*** Opening of EXTRACTED MATERIAL ***

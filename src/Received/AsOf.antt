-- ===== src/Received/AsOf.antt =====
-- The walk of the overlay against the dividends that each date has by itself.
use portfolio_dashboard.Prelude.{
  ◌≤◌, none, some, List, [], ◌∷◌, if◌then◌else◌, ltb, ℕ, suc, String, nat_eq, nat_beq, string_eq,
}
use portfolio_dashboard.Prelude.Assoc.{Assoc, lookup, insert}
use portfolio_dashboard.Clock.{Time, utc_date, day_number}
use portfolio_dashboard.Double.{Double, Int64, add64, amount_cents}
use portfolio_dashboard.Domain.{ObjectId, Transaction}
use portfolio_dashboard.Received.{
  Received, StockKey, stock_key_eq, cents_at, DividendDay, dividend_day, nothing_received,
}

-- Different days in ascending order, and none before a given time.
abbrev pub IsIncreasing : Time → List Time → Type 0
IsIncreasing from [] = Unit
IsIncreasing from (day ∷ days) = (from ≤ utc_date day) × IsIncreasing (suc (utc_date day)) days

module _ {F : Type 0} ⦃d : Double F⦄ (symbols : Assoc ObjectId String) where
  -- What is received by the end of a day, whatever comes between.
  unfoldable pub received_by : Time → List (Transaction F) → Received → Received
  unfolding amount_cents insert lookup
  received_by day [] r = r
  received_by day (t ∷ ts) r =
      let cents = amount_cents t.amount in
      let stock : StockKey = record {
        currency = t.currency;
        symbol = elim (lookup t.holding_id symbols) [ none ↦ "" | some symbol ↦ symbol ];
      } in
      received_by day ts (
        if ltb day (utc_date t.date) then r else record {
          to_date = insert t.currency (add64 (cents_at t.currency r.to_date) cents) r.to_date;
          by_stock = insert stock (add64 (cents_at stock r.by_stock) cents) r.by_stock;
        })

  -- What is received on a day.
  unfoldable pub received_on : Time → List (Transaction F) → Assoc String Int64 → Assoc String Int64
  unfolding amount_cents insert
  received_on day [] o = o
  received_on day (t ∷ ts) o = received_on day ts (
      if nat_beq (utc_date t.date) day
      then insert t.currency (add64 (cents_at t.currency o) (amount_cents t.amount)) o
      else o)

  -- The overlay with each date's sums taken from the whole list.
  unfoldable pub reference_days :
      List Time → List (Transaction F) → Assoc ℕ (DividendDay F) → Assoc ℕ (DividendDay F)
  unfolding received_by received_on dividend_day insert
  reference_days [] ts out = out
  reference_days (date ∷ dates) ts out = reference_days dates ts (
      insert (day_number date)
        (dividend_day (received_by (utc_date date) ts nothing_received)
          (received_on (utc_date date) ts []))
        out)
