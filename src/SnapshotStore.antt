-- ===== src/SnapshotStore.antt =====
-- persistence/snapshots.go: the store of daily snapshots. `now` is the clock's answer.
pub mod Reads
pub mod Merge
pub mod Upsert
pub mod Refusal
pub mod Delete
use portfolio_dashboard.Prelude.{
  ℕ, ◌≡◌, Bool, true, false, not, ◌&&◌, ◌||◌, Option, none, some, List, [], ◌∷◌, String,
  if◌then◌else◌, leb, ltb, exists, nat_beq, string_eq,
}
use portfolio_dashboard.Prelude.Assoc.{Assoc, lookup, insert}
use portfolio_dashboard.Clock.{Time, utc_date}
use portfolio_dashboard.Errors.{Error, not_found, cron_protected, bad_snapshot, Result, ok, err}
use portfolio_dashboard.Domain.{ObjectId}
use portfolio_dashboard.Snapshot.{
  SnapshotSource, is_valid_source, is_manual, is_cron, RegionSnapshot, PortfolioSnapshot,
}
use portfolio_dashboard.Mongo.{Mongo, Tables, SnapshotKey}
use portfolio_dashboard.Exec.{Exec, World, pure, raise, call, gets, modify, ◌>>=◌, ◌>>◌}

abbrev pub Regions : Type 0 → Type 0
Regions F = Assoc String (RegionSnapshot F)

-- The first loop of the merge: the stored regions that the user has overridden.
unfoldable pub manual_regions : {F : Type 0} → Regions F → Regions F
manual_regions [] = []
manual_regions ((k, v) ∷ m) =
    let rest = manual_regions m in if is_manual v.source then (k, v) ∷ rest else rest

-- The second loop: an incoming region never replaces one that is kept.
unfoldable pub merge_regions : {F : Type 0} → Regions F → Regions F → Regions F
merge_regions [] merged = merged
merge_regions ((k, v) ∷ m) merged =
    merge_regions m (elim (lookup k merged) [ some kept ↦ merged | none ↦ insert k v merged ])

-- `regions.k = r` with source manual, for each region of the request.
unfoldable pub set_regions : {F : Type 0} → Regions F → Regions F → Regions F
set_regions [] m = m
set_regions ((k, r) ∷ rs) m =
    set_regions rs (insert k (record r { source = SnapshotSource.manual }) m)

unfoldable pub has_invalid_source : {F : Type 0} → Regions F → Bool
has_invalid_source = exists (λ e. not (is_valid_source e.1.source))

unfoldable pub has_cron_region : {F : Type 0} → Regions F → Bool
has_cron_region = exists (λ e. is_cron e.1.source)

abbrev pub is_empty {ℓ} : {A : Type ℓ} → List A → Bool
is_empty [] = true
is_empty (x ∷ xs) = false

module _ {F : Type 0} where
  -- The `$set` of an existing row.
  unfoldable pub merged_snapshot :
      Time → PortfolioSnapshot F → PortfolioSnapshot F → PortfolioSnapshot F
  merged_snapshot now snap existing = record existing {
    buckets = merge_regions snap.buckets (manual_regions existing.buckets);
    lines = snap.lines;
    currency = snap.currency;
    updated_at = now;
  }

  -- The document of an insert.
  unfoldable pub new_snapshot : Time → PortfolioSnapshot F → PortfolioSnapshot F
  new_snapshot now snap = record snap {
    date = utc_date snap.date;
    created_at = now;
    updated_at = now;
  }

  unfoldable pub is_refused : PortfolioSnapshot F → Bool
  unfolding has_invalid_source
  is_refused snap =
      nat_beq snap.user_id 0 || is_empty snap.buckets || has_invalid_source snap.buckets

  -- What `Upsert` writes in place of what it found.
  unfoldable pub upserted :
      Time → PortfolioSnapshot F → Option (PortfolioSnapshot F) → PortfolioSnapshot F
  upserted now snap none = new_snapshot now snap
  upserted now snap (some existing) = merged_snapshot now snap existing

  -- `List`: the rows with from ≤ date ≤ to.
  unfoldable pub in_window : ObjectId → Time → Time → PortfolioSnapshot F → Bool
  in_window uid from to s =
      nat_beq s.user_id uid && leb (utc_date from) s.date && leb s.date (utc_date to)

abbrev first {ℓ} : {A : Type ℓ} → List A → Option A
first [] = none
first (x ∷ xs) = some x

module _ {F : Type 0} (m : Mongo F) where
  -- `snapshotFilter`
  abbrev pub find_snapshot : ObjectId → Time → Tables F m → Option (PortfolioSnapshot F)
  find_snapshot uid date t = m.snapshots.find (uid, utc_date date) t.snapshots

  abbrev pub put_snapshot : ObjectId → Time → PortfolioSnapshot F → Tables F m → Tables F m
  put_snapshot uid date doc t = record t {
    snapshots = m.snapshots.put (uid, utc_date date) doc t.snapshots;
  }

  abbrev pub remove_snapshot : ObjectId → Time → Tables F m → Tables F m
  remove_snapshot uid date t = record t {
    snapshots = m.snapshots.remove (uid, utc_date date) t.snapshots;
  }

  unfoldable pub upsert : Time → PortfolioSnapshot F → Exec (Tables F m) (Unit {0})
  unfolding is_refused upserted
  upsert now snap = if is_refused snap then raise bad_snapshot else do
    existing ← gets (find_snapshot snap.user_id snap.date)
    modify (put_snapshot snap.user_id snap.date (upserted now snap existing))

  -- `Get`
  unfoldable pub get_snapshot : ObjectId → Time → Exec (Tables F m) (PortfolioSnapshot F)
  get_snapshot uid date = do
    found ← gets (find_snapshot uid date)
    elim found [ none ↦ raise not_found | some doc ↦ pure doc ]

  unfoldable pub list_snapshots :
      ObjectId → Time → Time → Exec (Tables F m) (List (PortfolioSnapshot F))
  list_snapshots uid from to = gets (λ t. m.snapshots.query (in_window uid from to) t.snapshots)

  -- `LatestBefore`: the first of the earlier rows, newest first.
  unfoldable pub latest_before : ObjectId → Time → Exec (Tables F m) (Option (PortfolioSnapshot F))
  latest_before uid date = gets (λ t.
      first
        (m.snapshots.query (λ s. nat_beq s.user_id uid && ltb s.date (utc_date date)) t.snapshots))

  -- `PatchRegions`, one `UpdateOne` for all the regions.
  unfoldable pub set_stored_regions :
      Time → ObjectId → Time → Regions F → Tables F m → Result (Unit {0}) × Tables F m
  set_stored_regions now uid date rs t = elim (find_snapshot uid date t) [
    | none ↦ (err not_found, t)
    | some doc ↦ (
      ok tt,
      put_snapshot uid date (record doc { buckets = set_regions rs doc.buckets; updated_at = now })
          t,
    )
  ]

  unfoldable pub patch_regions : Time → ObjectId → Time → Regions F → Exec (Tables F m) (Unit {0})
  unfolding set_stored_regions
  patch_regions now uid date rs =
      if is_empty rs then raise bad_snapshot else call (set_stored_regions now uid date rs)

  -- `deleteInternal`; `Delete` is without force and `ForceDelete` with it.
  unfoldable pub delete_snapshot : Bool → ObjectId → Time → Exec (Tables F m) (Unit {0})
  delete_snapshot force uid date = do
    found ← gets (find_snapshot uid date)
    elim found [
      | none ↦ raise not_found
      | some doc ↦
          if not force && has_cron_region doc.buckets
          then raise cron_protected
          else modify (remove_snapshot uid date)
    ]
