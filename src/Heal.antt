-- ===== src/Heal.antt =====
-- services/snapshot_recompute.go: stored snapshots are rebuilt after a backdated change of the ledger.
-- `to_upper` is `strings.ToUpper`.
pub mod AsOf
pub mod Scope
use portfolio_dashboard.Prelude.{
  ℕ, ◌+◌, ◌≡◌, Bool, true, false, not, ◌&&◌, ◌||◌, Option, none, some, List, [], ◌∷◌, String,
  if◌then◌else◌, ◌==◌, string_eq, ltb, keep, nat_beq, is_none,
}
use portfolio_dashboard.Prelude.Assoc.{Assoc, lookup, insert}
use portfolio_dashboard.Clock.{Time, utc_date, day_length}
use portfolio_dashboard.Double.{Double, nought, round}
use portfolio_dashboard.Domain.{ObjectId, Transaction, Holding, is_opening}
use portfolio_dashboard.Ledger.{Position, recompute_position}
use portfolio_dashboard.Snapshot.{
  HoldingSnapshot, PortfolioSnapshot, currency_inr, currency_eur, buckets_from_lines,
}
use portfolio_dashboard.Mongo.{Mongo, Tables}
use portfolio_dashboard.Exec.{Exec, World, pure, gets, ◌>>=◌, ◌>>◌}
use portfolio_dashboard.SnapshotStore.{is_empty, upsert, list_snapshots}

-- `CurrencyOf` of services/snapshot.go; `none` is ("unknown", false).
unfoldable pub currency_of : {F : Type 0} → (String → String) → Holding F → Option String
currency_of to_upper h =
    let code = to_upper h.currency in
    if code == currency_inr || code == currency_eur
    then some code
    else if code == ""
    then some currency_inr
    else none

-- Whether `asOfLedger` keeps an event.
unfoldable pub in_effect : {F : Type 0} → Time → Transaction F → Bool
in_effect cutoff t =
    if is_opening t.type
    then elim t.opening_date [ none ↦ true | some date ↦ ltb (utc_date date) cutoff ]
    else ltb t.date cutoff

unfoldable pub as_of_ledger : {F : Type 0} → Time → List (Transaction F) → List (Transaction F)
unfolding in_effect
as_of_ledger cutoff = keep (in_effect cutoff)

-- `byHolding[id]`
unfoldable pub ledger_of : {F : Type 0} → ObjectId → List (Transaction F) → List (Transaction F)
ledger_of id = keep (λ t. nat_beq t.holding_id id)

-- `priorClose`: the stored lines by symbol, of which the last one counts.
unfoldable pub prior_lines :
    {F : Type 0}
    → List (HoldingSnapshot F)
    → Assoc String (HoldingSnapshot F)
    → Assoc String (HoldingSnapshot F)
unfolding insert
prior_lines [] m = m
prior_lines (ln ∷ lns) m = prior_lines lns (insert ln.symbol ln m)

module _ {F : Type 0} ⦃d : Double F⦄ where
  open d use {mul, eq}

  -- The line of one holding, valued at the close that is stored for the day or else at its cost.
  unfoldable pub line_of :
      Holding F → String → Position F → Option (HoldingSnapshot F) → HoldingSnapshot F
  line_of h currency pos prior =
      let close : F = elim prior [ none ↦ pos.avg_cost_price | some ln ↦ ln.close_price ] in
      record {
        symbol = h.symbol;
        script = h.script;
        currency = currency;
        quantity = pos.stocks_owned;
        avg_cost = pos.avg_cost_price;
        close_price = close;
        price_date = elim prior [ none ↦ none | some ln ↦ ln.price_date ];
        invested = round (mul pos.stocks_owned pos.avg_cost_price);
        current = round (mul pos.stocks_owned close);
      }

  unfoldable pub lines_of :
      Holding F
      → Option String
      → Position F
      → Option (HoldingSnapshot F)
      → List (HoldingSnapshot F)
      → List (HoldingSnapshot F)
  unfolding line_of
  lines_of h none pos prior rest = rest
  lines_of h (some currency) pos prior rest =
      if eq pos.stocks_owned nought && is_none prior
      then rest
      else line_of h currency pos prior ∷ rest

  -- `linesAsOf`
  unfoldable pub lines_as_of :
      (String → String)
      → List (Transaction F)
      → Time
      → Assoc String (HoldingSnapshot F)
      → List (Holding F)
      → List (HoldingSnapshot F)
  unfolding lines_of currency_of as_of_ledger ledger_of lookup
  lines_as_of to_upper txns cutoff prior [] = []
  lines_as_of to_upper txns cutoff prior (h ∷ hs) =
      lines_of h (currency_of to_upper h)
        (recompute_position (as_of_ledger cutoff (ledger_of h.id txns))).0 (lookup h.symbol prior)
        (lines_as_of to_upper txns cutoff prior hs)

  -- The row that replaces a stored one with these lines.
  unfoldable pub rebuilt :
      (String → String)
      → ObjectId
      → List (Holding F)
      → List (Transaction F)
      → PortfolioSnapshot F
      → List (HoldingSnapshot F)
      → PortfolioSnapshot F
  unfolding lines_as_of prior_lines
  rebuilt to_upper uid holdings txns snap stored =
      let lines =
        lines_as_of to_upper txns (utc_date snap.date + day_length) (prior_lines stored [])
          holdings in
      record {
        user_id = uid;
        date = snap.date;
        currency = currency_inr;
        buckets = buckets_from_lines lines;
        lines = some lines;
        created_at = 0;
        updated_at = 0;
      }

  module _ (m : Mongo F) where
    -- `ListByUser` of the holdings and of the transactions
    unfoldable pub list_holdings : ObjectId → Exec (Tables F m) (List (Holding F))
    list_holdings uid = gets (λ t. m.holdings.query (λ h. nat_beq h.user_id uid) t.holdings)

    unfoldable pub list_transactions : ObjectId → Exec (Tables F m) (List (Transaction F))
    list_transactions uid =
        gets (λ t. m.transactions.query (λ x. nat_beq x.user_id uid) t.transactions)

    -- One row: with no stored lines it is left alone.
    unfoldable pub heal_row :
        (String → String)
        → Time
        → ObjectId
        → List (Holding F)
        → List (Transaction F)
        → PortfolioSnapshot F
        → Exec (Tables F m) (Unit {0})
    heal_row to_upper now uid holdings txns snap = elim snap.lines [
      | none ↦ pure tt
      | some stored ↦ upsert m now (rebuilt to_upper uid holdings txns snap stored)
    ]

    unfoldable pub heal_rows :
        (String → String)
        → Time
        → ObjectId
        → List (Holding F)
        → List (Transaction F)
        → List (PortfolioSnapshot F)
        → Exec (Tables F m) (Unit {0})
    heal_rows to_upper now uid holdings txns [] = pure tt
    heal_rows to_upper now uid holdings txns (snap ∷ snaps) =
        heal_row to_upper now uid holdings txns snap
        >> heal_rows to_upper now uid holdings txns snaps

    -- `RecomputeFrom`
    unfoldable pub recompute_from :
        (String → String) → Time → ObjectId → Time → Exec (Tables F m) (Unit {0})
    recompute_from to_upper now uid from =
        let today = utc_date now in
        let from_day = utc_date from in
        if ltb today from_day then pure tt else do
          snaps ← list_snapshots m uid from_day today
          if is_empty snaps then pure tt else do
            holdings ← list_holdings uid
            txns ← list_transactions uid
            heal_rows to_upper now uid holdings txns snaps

*** Close of EXTRACTED MATERIAL ***

Using the records above, restate word for word the lines from the one with "pub mod Delete" through the one with "merged_snapshot now snap existing = record", both included.

pub mod Delete
use portfolio_dashboard.Prelude.{
  ℕ, ◌≡◌, Bool, true, false, not, ◌&&◌, ◌||◌, Option, none, some, List, [], ◌∷◌, String,
  if◌then◌else◌, leb, ltb, exists, nat_beq, string_eq,
}
use portfolio_dashboard.Prelude.Assoc.{Assoc, lookup, insert}
use portfolio_dashboard.Clock.{Time, utc_date}
use portfolio_dashboard.Errors.{Error, not_found, cron_protected, bad_snapshot, Result, ok, err}
use portfolio_dashboard.Domain.{ObjectId}
use portfolio_dashboard.Snapshot.{
  SnapshotSource, is_valid_source, is_manual, is_cron, RegionSnapshot, PortfolioSnapshot,
}
use portfolio_dashboard.Mongo.{Mongo, Tables, SnapshotKey}
use portfolio_dashboard.Exec.{Exec, World, pure, raise, call, gets, modify, ◌>>=◌, ◌>>◌}

abbrev pub Regions : Type 0 → Type 0
Regions F = Assoc String (RegionSnapshot F)

-- The first loop of the merge: the stored regions that the user has overridden.
unfoldable pub manual_regions : {F : Type 0} → Regions F → Regions F
manual_regions [] = []
manual_regions ((k, v) ∷ m) =
    let rest = manual_regions m in if is_manual v.source then (k, v) ∷ rest else rest

-- The second loop: an incoming region never replaces one that is kept.
unfoldable pub merge_regions : {F : Type 0} → Regions F → Regions F → Regions F
merge_regions [] merged = merged
merge_regions ((k, v) ∷ m) merged =
    merge_regions m (elim (lookup k merged) [ some kept ↦ merged | none ↦ insert k v merged ])

-- `regions.k = r` with source manual, for each region of the request.
unfoldable pub set_regions : {F : Type 0} → Regions F → Regions F → Regions F
set_regions [] m = m
set_regions ((k, r) ∷ rs) m =
    set_regions rs (insert k (record r { source = SnapshotSource.manual }) m)

unfoldable pub has_invalid_source : {F : Type 0} → Regions F → Bool
has_invalid_source = exists (λ e. not (is_valid_source e.1.source))

unfoldable pub has_cron_region : {F : Type 0} → Regions F → Bool
has_cron_region = exists (λ e. is_cron e.1.source)

abbrev pub is_empty {ℓ} : {A : Type ℓ} → List A → Bool
is_empty [] = true
is_empty (x ∷ xs) = false

module _ {F : Type 0} where
  -- The `$set` of an existing row.
  unfoldable pub merged_snapshot :
      Time → PortfolioSnapshot F → PortfolioSnapshot F → PortfolioSnapshot F
  merged_snapshot now snap existing = record existing {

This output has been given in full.